====== Exercise input ======

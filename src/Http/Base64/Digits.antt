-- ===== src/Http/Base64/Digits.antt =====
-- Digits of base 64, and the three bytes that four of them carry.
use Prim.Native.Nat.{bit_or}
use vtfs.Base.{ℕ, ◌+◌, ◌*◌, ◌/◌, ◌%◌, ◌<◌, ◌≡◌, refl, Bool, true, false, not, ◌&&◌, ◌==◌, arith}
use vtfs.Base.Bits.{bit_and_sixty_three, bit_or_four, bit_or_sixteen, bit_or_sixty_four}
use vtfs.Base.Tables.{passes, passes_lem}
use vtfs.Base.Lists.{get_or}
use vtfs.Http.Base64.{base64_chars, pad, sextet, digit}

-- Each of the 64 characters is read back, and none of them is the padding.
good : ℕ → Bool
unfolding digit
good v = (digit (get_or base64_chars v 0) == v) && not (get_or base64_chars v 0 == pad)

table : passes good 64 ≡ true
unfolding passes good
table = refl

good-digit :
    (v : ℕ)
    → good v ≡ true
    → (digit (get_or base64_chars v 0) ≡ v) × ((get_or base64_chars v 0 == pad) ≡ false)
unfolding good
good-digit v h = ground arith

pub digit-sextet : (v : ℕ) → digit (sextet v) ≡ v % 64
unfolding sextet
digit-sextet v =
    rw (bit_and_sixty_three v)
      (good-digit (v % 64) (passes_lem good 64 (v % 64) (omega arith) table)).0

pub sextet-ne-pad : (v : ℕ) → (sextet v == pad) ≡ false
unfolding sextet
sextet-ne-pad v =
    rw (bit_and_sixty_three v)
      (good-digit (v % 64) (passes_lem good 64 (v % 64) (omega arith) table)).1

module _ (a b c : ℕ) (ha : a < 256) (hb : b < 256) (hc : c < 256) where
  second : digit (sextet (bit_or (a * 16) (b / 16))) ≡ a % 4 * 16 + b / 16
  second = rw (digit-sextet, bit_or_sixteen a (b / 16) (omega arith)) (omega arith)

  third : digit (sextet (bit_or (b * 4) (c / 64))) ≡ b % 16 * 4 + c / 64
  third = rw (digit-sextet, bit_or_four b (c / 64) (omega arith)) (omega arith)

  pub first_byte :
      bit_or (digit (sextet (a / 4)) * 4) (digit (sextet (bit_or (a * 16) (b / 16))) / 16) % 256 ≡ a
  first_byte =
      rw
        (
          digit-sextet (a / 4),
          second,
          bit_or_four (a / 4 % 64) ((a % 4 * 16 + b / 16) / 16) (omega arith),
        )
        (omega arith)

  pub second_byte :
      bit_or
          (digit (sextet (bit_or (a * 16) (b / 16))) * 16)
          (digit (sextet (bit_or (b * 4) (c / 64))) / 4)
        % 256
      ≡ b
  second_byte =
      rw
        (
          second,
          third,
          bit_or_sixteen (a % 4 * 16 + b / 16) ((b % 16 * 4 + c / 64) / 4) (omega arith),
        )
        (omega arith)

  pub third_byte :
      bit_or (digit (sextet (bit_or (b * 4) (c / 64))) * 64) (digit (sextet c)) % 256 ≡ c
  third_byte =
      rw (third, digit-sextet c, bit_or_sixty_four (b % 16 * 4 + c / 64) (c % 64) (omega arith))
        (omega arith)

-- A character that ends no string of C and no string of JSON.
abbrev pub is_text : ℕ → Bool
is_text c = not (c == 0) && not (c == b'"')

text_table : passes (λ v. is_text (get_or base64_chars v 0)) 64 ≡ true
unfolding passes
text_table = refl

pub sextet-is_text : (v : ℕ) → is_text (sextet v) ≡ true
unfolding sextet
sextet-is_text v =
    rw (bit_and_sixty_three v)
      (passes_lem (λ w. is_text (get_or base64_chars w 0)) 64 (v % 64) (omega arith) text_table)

======

• [What you are asked to do]: Please transcribe exactly the line containing "text_table = refl" and every line after it through the end of the records, and nothing else.

• [Exercise response]:
text_table = refl

pub sextet-is_text : (v : ℕ) → is_text (sextet v) ≡ true
unfolding sextet
sextet-is_text v =
    rw (bit_and_sixty_three v)
      (passes_lem (λ w. is_text (get_or base64_chars w 0)) 64 (v % 64) (omega arith) text_table)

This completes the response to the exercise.